EXERCISE GOAL:
What is needed here is an exact repetition of the records below, beginning at the line that has "pub mod DeviceGrant" and stopping after the line that has "70 (omega arith)".

PROVIDED RECORDS:
:::

-- ===== src/Oauth/Store/Reports.antt =====
-- What the revocation hook is told.
use pgedge_postgres_mcp.Prelude.{
  ℕ, String, ◌≡◌, refl, sym, ap, ◌∙◌, ◌⊎◌, inl, inr, Bool, true, false, not, ◌&&◌, false≢true,
  Option, none, some, List, [], ◌∷◌, arith, eq_iff, str_eq, Bool-cases, Option-cases, contains,
  contains-append, some_not_none,
}
use pgedge_postgres_mcp.Oauth.Types.{Token, Store, notify_revoked}
use pgedge_postgres_mcp.Oauth.Store.Tokens.Cascade.{
  SameBut, delete_token_locked_refresh, delete_token_locked_access, get-delete_links_access,
  survivor,
}
use pgedge_postgres_mcp.Oauth.Store.Tokens.{
  delete_token_locked, delete_links, put_token, delete_token, take_token, delete_family, in_family,
  delete_by_subject, of_subject, code_of_subject, device_of_subject, delete_devices,
}
use pgedge_postgres_mcp.GoMap.{GoMap, get, delete, Distinct, delete_where, keys_where}
use pgedge_postgres_mcp.Oauth.Store.Sweep.{
  sweep_tokens, expired_token, code_expired, sweep_user_codes, device_expired, used_expired,
  rotated_expired, client_idle, sweep,
}
use pgedge_postgres_mcp.GoMap.Laws.{has-get, get-delete, get-put}
use pgedge_postgres_mcp.Oauth.Store.Ops.{apply, Op, touches_tokens, tokens-untouched}
use pgedge_postgres_mcp.Oauth.Store.Keys.{IsKeyed, token_key}
use pgedge_postgres_mcp.Oauth.Store.Tokens.Frame.{
  delete_token_locked-frame, delete_devices-frame, sweep_tokens-frame,
}
use pgedge_postgres_mcp.GoMap.Distinct.{get-delete_where, contains-keys_where}
use pgedge_postgres_mcp.GoMap.Keyed.{Keyed-Distinct}
use pgedge_postgres_mcp.Oauth.Store.Clients.{clients_with_live_tokens_locked}

abbrev IsAccessAt : String → GoMap Token → Type 0
IsAccessAt h m = (t : Token) × (get h m ≡ some t) × (t.is_refresh ≡ false)

-- With a hook installed, an access token that was there before and is gone after has been passed
-- to it.
abbrev pub Reports : Store → Store → Type 0
Reports s s' =
    (h : String) (t : Token)
    → s.hooked ≡ true
    → get h s.tokens ≡ some t
    → t.is_refresh ≡ false
    → get h s'.tokens ≡ none
    → contains s'.notified h ≡ true

none-ne-SameBut : (t : Token) (o : Option Token) → SameBut o (some t) → o ≡ none → ⊥
none-ne-SameBut t none h e = h
none-ne-SameBut t (some u) h e = cc

-- What one deletion removes it returns.
deleted_is_returned :
    (k h : String) (t : Token) (s : Store)
    → get h s.tokens ≡ some t
    → t.is_refresh ≡ false
    → get h (delete_token_locked k s).0.tokens ≡ none
    → contains (delete_token_locked k s).1 h ≡ true
unfolding delete_token_locked
deleted_is_returned k h t s found access gone = elim (Option-cases (get k s.tokens)) [
  | inl nothing ↦ some_not_none (get h s.tokens) t found (rw (nothing, delete_token_locked) at gone)
  | inr (u, at_k) ↦ elim (Bool-cases u.is_refresh) [
    | inl refresh ↦
        let (after, returned) = delete_token_locked_refresh k u s at_k refresh h in
        ground (arith, after, returned, eq_iff k h, has-get h s.tokens t found)
    | inr single ↦ elim (Bool-cases (str_eq k h)) [
      | inl same ↦ rw (delete_token_locked_access k u s at_k single) (rw same)
      | inr other ↦
          let m = delete k s.tokens in
          let still : get h m ≡ some t = rw get-delete (rw other found) in
          absurd (
            none-ne-SameBut t (get h (delete_links k u m).0)
              (rw still at (get-delete_links_access k h u m single))
              (rw (at_k, delete_token_locked) at gone))
    ]
  ]
]

contains-notify :
    (hs : List String) (s : Store) (h : String)
    → s.hooked ≡ true
    → (contains hs h ≡ true) ⊎ (contains s.notified h ≡ true)
    → contains (notify_revoked hs s).notified h ≡ true
contains-notify [] s h on c = ground arith
contains-notify (x ∷ xs) s h on c = ground (arith, contains-append s.notified (x ∷ xs) h)

tokens-notify : (hs : List String) (s : Store) → (notify_revoked hs s).tokens ≡ s.tokens
tokens-notify hs s = ground arith

-- What a loop over all tokens removes, it collects if it is an access token.
removed_is_collected :
    (p : String → Token → Bool) (h : String) (t : Token) (m : GoMap Token)
    → Distinct m
    → get h m ≡ some t
    → t.is_refresh ≡ false
    → get h (delete_where p m) ≡ none
    → contains (keys_where (λ k x. p k x && not x.is_refresh) m) h ≡ true
removed_is_collected p h t m d found access gone =
    let q = λ (k : String) (x : Token). p k x && not x.is_refresh in
    ground (arith, get-delete_where p h m d, contains-keys_where q h m d)

swept_is_returned :
    (now : ℕ) (m : GoMap Token) (s : Store) (h : String) (t : Token)
    → get h s.tokens ≡ some t
    → t.is_refresh ≡ false
    → get h (sweep_tokens now m s).0.tokens ≡ none
    → contains (sweep_tokens now m s).1 h ≡ true
unfolding sweep_tokens
swept_is_returned now [] s h t found access gone = some_not_none (get h s.tokens) t found gone
swept_is_returned now ((k, x) ∷ m) s h t found access gone =
    elim (Bool-cases (expired_token now (get k s.tokens))) [
      | inr kept ↦
          rw kept (swept_is_returned now m s h t found access (rw (kept, sweep_tokens) at gone))
      | inl old ↦
          let s' = (delete_token_locked k s).0 in
          let one = (delete_token_locked k s).1 in
          let more = (sweep_tokens now m s').1 in
          rw old (
            rw (contains-append one more h) (elim (Option-cases (get h s'.tokens)) [
              | inl deleted ↦ rw (deleted_is_returned k h t s found access deleted)
              | inr (t', left) ↦
                  let kept = survivor k h s t t' found left in
                  let access' : t'.is_refresh ≡ false = ground (arith, kept) in
                  ground (
                    arith,
                    swept_is_returned now m s' h t' left access' (rw (old, sweep_tokens) at gone),
                  )
            ]))
    ]

tokens_same : (s s' : Store) → s'.tokens ≡ s.tokens → Reports s s'
tokens_same s s' e h t on found access gone =
    some_not_none (get h s.tokens) t found (ap (get h) (sym e) ∙ gone)

report_by :
    (s s' : Store) (hs : List String)
    → s'.hooked ≡ s.hooked
    → ((h : String) (t : Token)
        → get h s.tokens ≡ some t
        → t.is_refresh ≡ false
        → get h s'.tokens ≡ none
        → contains hs h ≡ true)
    → Reports s (notify_revoked hs s')
report_by s s' hs same returned h t on found access gone =
    contains-notify hs s' h (same ∙ on)
      (inl (returned h t found access (ap (get h) (sym (tokens-notify hs s')) ∙ gone)))

delete_family-Reports : (f : String) (s : Store) → IsKeyed s → Reports s (delete_family f s).0
unfolding delete_family
delete_family-Reports f s v = elim (Bool-cases (str_eq f "")) [
  | inl unnamed ↦ rw unnamed (tokens_same s s refl)
  | inr named ↦ rw named (
      report_by s (record s { tokens = delete_where (in_family f) s.tokens })
        (keys_where (λ h t. in_family f h t && not t.is_refresh) s.tokens) refl
        (λ h t found access gone.
          removed_is_collected (in_family f) h t s.tokens
            (Keyed-Distinct token_key s.tokens v.tokens) found access gone))
]

delete_by_subject-Reports :
    (u : String) (s : Store) → IsKeyed s → Reports s (delete_by_subject u s).0
unfolding delete_by_subject
delete_by_subject-Reports u s v = elim (Bool-cases (str_eq u "")) [
  | inl nobody ↦ rw nobody (tokens_same s s refl)
  | inr named ↦
      let s₁ = record s {
        tokens = delete_where (of_subject u) s.tokens;
        codes = delete_where (code_of_subject u) s.codes;
      } in
      let gone_devices = keys_where (device_of_subject u) s.devices in
      let frame = delete_devices-frame gone_devices s₁ in
      rw named (
        report_by s (delete_devices gone_devices s₁)
          (keys_where (λ h t. of_subject u h t && not t.is_refresh) s.tokens)
          (ap (λ y. Store.hooked y) frame)
          (λ h t found access gone.
            removed_is_collected (of_subject u) h t s.tokens
              (Keyed-Distinct token_key s.tokens v.tokens) found access
              (ap (λ y. get h (Store.tokens y)) (sym frame) ∙ gone)))
]

sweep-Reports : (now : ℕ) (s : Store) → IsKeyed s → Reports s (sweep now s).0
unfolding sweep
sweep-Reports now s v =
    let s₁ = record s {
      codes = delete_where (code_expired now) s.codes;
      user_codes = sweep_user_codes now s.devices s.user_codes;
      devices = delete_where (device_expired now) s.devices;
    } in
    let s₂ = (sweep_tokens now s.tokens s₁).0 in
    let live = clients_with_live_tokens_locked now s₂ in
    let s₃ = record s₂ {
      used_codes = delete_where (used_expired now) s₂.used_codes;
      rotated = delete_where (rotated_expired now) s₂.rotated;
      clients = delete_where (client_idle now s₂.client_retention live) s₂.clients;
    } in
    report_by s s₃ (sweep_tokens now s.tokens s₁).1
      (ap (λ y. Store.hooked y) (sweep_tokens-frame now s.tokens s₁))
      (λ h t found access gone. swept_is_returned now s.tokens s₁ h t found access gone)

report_touching :
    (op : Op) (s : Store) → IsKeyed s → touches_tokens op ≡ true → Reports s (apply op s)
unfolding apply
report_touching (Op.put_token x) s v e =
    λ h t on found access gone. unfold put_token in ground (arith, get-put x.hash h x s.tokens)
report_touching (Op.delete_token k) s v e =
    unfold delete_token in
    report_by s (delete_token_locked k s).0 (delete_token_locked k s).1
      (ap (λ x. Store.hooked x) (delete_token_locked-frame k s))
      (λ h t found access gone. deleted_is_returned k h t s found access gone)
report_touching (Op.take_token k) s v e = elim (Option-cases (get k s.tokens)) [
  | inl nothing ↦ unfold take_token in rw (nothing, apply) (tokens_same s s refl)
  | inr (x, at_k) ↦
      unfold take_token in
      rw (at_k, apply)
        (report_by s (delete_token_locked k s).0 (delete_token_locked k s).1
          (ap (λ y. Store.hooked y) (delete_token_locked-frame k s))
          (λ h t found access gone. deleted_is_returned k h t s found access gone))
]
report_touching (Op.delete_family f) s v e = delete_family-Reports f s v
report_touching (Op.delete_by_subject u) s v e = delete_by_subject-Reports u s v
report_touching (Op.sweep now) s v e = sweep-Reports now s v
report_touching _ s v e = absurd (false≢true e)

-- Every operation on a well-formed store passes the hash of each access token that it removes to
-- the revocation hook, if one is installed.
pub apply-Reports : (op : Op) (s : Store) → IsKeyed s → Reports s (apply op s)
apply-Reports op s v = elim (Bool-cases (touches_tokens op)) [
  | inl touching ↦ report_touching op s v touching
  | inr other ↦ tokens_same s (apply op s) (tokens-untouched op s other)
]
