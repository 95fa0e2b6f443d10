-- ===== src/Database/ClientManager/Revoked.antt =====
-- cmd/pgedge-pg-mcp-svr/main.go: the revocation hook of the OAuth store, `OnTokensRevoked`, which
-- releases the connections of the tokens that it is called with.
use pgedge_postgres_mcp.Prelude.{
  ℕ, String, ◌≡◌, refl, ap, ◌∙◌, inl, inr, true, false, false≢true, none, some, List, [], ◌∷◌,
  arith, eq_iff, str_eq, if◌then◌else◌, Option-cases, is_empty, contains, some_not_none,
}
use pgedge_postgres_mcp.GoMap.{get, GoMap}
use pgedge_postgres_mcp.Database.ClientManager.{ClientManager, clients_of, is_closed}
use pgedge_postgres_mcp.Database.ClientManager.Changes.{remove_clients, remove_client}
use pgedge_postgres_mcp.Oauth.Store.Ops.{Op, apply}
use pgedge_postgres_mcp.Oauth.Types.{Store, Token}
use pgedge_postgres_mcp.GoMap.Laws.{get-delete}
use pgedge_postgres_mcp.Oauth.Store.Keys.{IsKeyed}
use pgedge_postgres_mcp.Oauth.Store.Reports.{apply-Reports}
use pgedge_postgres_mcp.Database.ClientManager.Kept.Changes.{removes-KeptOrClosed}

-- The call of the hook
unfoldable pub on_tokens_revoked : List String → ClientManager → ClientManager
on_tokens_revoked hashes cm = if is_empty hashes then cm else remove_clients hashes cm

remove_client-get :
    (k h : String) (cm : ClientManager)
    → get h (remove_client k cm).clients ≡ (if str_eq k h then none else get h cm.clients)
unfolding remove_client
remove_client-get k h cm = elim (Option-cases (get k cm.clients)) [
  | inl nothing ↦ ground (arith, nothing, eq_iff k h)
  | inr (inner, found) ↦ ground (arith, found, get-delete k h cm.clients)
]

-- The removal leaves nothing of the tokens that are named, and everything of the others.
pub remove_clients-get :
    (hs : List String) (h : String) (cm : ClientManager)
    → get h (remove_clients hs cm).clients ≡ (if contains hs h then none else get h cm.clients)
unfolding remove_clients
remove_clients-get [] h cm = refl
remove_clients-get (k ∷ hs) h cm =
    ground (arith, remove_clients-get hs h (remove_client k cm), remove_client-get k h cm)

named_not_empty : (hs : List String) (h : String) → contains hs h ≡ true → is_empty hs ≡ false
named_not_empty [] h e = absurd (false≢true e)
named_not_empty (k ∷ hs) h e = refl

nothing_left :
    (name h : String) (m : GoMap (GoMap ℕ)) → get h m ≡ none → get name (clients_of h m) ≡ none
nothing_left name h m e = rw (e, clients_of) (unfold get in refl)

-- An access token that an operation removes from a well-formed OAuth store with a hook has no
-- client left once the hook has run over the hashes that were reported, and every client that it
-- had is closed.
pub revoked_token_loses_clients :
    (op : Op) (s : Store) (h name : String) (t : Token) (cm : ClientManager)
    → IsKeyed s
    → s.hooked ≡ true
    → get h s.tokens ≡ some t
    → t.is_refresh ≡ false
    → get h (apply op s).tokens ≡ none
    → let after = on_tokens_revoked (apply op s).notified cm in
      (get h after.clients ≡ none)
      × ((c : ℕ) → get name (clients_of h cm.clients) ≡ some c → is_closed c after.closed ≡ true)
revoked_token_loses_clients op s h name t cm v hook found access gone =
    let hs = (apply op s).notified in
    let reported : contains hs h ≡ true = apply-Reports op s v h t hook found access gone in
    let is : on_tokens_revoked hs cm ≡ remove_clients hs cm =
      unfold on_tokens_revoked in ground (arith, named_not_empty hs h reported) in
    let left : get h (on_tokens_revoked hs cm).clients ≡ none =
      ap (λ x. get h x.clients) is ∙ remove_clients-get hs h cm ∙ rw reported in
    (
      left,
      λ c before. elim (removes-KeptOrClosed h name c hs cm (inl before)) [
        | inr over ↦ ap (λ x. is_closed c x.closed) is ∙ over
        | inl kept ↦ some_not_none _ c kept (
            nothing_left name h (remove_clients hs cm).clients
              (remove_clients-get hs h cm ∙ rw reported))
      ],
    )
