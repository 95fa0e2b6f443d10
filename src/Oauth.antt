-- ===== src/Oauth.antt =====
-- internal/oauth: the OAuth 2.0 authorisation server.
pub mod Types
pub mod Store
pub mod Pkce
pub mod Server
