-- ===== src/Oauth/Pkce/Charset.antt =====
-- internal/oauth/pkce.go: the characters of verifiers and challenges.
use pgedge_postgres_mcp.Prelude.{ℕ, Bool, ◌&&◌, ◌||◌, leb, ◌==◌}

abbrev pub within : ℕ → ℕ → ℕ → Bool
within lo hi c = leb lo c && leb c hi

-- `isUnreservedChar`
unfoldable pub is_unreserved_char : ℕ → Bool
is_unreserved_char c =
    within b'A' b'Z' c
    || within b'a' b'z' c
    || within b'0' b'9' c
    || c == b'-'
    || c == b'.'
    || c == b'_'
    || c == b'~'

-- `isBase64URLChar`
unfoldable pub is_base64url_char : ℕ → Bool
is_base64url_char c =
    within b'A' b'Z' c || within b'a' b'z' c || within b'0' b'9' c || c == b'-' || c == b'_'
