-- ===== src/Oauth/Pkce.antt =====
-- internal/oauth/pkce.go. A text with a character that is not ASCII is refused whatever its length,
-- so its length may be counted in characters.
pub mod Charset
use pgedge_postgres_mcp.Prelude.{
  String, Bool, false, not, ◌||◌, str_eq, ltb, ◌==◌, if◌then◌else◌, length, all, codes,
}
use pgedge_postgres_mcp.Oauth.Pkce.Charset.{is_base64url_char, is_unreserved_char}

-- `validCodeVerifier`
unfoldable pub valid_code_verifier : String → Bool
valid_code_verifier v =
    let n = length (codes v) in
    if ltb n 43 || ltb 128 n then false else all is_unreserved_char (codes v)

-- `validCodeChallenge`
unfoldable pub valid_code_challenge : String → Bool
valid_code_challenge c =
    if not (length (codes c) == 43) then false else all is_base64url_char (codes c)

-- `verifyPKCE`, over the S256 transform: BASE64URL(SHA256(verifier))
unfoldable pub verify_pkce : (String → String) → String → String → String → Bool
verify_pkce s256 verifier challenge method =
    if not (str_eq method "S256")
    then false
    else if str_eq verifier "" || str_eq challenge ""
    then false
    else str_eq (s256 verifier) challenge
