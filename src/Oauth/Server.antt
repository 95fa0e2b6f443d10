-- ===== src/Oauth/Server.antt =====
-- internal/oauth/server.go, errors.go, token.go, device.go and revoke.go: the server's state and the
-- endpoints that issue and revoke tokens. What the server reads from outside a request, the random
-- draws and the clock, comes with it as arguments.
pub mod Errors
pub mod Issue
pub mod CodeGrant
pub mod RefreshGrant
pub mod DeviceGrant
pub mod Endpoint
pub mod Session
pub mod Accounts
pub mod Redirect
pub mod Csrf
pub mod SignIn
pub mod Scope
pub mod Authorize
pub mod Register
pub mod UserCode
pub mod Device
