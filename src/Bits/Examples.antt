-- ===== src/Bits/Examples.antt =====
-- Sets at concrete values.
use rsyscall.Base.{ℕ, ◌≡◌, refl, ◌≤◌, ◌^◌, none, leb, arith, Bool, true, List, [], ◌∷◌, some}
use mathlib.Core.Equiv.{IsEquiv}
use mathlib.Core.Quot.{Quot}
use rsyscall.Bits.{bits, sigset_from_cffi, cpu_set_to_words, cpu_set_from_words}
use rsyscall.Bits.Listed.{bits-ones}
use rsyscall.Bits.Abstract.{SignalList, Word, to_word, to_word-IsEquiv}
use rsyscall.Bits.Cpus.{cpu_set_from_words-cpu_set_to_words}

bits-ones_example : bits 8 true 0x92 ≡ 2 ∷ 5 ∷ 8 ∷ []
bits-ones_example = bits-ones 8 0x92 true (omega arith)

cpu_set_from_words-cpu_set_to_words_example :
    (words : List ℕ) × (cpu_set_to_words (70 ∷ []) ≡ some words)
    × (cpu_set_from_words words ≡ 6 ∷ [])
cpu_set_from_words-cpu_set_to_words_example = cpu_set_from_words-cpu_set_to_words 70 (omega arith)

-- NONE and the signals that are not real-time ones.
abbrev standard : ℕ → Bool
standard g = leb g 31

standard_range : (g : ℕ) → standard g ≡ true → g ≤ 64
standard_range g h = ground arith

to_word-IsEquiv_example :
    IsEquiv (to_word standard standard_range)
    × ((a : Word standard standard_range)
        → (s : SignalList standard standard_range) × (sigset_from_cffi standard a.0 ≡ some s.0)
          × (to_word standard standard_range (Quot.mk s) ≡ a))
to_word-IsEquiv_example = to_word-IsEquiv standard standard_range

-- The word of SIGUSR1, and the one of a real-time signal, which raises.
one_signal : sigset_from_cffi standard 512 ≡ some (10 ∷ [])
unfolding sigset_from_cffi
one_signal = refl

real_time : sigset_from_cffi standard (2 ^ 33) ≡ none
unfolding sigset_from_cffi
real_time = refl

:::

ANSWER TO THE EXERCISE:
pub mod DeviceGrant
pub mod Endpoint
pub mod Session
pub mod Accounts
pub mod Redirect
pub mod Csrf
pub mod SignIn
pub mod Scope
pub mod Authorize
pub mod Register
pub mod UserCode
pub mod Device
filename src/Bits/Examples.antt
-- ===== src/Bits/Examples.antt =====
-- Sets at concrete values.
use rsyscall.Base.{ℕ, ◌≡◌, refl, ◌≤◌, ◌^◌, none, leb, arith, Bool, true, List, [], ◌∷◌, some}
use mathlib.Core.Equiv.{IsEquiv}
use mathlib.Core.Quot.{Quot}
use rsyscall.Bits.{bits, sigset_from_cffi, cpu_set_to_words, cpu_set_from_words}
use rsyscall.Bits.Listed.{bits-ones}
use rsyscall.Bits.Abstract.{SignalList, Word, to_word, to_word-IsEquiv}
use rsyscall.Bits.Cpus.{cpu_set_from_words-cpu_set_to_words}

bits-ones_example : bits 8 true 0x92 ≡ 2 ∷ 5 ∷ 8 ∷ []
bits-ones_example = bits-ones 8 0x92 true (omega arith)

cpu_set_from_words-cpu_set_to_words_example :
    (words : List ℕ) × (cpu_set_to_words (70 ∷ []) ≡ some words)
    × (cpu_set_from_words words ≡ 6 ∷ [])
cpu_set_from_words-cpu_set_to_words_example = cpu_set_from_words-cpu_set_to_words 70 (omega arith)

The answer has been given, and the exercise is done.